__TASK PROMPT__: Search the records for lines that contain the word "antt". Copy them all.

Stored data:
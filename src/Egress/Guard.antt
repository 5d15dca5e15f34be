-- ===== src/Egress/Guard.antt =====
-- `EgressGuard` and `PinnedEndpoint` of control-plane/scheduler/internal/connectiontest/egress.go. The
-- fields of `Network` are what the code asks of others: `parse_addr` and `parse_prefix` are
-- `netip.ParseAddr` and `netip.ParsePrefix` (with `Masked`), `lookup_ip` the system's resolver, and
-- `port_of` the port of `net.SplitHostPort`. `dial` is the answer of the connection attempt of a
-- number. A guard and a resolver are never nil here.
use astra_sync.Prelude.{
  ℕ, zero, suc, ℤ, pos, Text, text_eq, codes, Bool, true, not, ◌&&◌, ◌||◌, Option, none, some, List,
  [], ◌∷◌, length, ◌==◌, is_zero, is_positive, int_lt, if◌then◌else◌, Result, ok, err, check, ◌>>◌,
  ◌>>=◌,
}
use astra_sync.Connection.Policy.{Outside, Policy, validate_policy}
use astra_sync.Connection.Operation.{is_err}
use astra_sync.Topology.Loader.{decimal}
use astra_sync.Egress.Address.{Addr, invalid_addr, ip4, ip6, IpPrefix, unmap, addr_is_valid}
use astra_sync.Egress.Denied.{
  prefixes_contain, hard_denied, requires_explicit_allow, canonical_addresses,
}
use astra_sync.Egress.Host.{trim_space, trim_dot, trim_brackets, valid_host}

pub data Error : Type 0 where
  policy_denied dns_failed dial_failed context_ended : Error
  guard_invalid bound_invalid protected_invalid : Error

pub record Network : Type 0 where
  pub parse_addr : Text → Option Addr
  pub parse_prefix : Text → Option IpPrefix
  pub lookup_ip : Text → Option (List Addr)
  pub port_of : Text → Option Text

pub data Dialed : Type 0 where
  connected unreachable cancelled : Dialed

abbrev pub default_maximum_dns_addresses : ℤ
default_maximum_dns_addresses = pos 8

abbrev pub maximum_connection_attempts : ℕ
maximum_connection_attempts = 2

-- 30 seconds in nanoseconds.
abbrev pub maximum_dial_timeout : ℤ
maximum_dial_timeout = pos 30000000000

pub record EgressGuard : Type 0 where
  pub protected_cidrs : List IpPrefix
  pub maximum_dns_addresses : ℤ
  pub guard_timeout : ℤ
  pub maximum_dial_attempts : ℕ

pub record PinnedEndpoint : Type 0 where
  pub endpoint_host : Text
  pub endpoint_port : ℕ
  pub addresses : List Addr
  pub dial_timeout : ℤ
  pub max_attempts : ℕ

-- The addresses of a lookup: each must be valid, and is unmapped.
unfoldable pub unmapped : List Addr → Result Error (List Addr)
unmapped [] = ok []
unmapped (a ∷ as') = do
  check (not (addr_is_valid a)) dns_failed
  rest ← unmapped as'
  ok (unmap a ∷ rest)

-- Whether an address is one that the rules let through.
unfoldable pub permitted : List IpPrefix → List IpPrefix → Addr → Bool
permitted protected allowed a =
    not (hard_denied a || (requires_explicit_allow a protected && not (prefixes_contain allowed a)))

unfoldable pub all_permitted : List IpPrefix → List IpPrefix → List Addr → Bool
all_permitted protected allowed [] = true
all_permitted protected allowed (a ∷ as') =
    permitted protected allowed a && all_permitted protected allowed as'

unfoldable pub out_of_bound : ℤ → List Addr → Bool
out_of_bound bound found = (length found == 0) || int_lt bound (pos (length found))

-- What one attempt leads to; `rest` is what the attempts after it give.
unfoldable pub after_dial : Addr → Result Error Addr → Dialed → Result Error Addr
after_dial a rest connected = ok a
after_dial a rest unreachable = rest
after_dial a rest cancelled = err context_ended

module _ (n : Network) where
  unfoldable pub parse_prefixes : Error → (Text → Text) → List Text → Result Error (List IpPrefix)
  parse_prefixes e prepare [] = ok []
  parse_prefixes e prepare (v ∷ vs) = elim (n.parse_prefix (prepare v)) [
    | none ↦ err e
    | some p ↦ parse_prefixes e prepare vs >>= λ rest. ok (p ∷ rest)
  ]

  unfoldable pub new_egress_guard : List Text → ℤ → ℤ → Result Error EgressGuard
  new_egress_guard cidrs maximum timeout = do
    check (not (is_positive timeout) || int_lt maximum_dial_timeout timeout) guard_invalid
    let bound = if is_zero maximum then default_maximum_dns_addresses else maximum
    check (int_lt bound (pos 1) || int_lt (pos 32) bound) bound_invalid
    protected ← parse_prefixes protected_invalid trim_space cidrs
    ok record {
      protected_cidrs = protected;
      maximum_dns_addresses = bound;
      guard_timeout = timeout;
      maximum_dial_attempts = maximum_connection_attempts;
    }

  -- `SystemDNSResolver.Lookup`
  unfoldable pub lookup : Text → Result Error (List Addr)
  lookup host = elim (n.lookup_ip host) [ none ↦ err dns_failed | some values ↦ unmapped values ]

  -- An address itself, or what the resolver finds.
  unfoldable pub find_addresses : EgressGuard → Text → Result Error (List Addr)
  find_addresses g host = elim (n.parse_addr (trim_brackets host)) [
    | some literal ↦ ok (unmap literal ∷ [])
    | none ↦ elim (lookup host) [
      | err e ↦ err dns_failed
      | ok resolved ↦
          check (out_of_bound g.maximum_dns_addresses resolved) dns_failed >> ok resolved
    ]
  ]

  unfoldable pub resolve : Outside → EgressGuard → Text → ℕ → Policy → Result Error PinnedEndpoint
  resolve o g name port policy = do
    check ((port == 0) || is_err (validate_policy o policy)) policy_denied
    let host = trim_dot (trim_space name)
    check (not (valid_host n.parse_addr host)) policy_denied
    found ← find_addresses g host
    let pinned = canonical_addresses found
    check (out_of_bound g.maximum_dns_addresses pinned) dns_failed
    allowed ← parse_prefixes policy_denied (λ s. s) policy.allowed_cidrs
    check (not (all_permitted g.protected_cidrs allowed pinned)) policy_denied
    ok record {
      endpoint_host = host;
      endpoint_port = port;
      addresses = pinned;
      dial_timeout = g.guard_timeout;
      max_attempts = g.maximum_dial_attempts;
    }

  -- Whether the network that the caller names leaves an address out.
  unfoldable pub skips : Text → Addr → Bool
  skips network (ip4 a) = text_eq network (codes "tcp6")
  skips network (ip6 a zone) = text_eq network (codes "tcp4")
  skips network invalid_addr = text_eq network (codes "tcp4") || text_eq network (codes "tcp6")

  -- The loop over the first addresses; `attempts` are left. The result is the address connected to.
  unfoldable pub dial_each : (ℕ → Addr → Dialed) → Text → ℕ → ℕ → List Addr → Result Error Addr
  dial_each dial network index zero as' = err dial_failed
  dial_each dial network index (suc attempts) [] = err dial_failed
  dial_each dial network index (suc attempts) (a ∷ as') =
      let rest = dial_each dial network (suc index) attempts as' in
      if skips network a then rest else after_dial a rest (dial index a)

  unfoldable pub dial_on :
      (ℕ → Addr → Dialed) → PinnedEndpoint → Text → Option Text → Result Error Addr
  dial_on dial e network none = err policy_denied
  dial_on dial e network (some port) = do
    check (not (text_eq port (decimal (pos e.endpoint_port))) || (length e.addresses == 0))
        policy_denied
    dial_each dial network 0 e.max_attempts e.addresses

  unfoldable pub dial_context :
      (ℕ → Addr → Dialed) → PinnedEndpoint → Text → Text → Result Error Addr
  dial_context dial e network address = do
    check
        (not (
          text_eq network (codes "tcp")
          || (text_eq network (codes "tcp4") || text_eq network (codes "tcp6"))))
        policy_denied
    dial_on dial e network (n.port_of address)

__YOUR RESPONSE__:
filename src/Egress/Guard.antt
-- ===== src/Egress/Guard.antt =====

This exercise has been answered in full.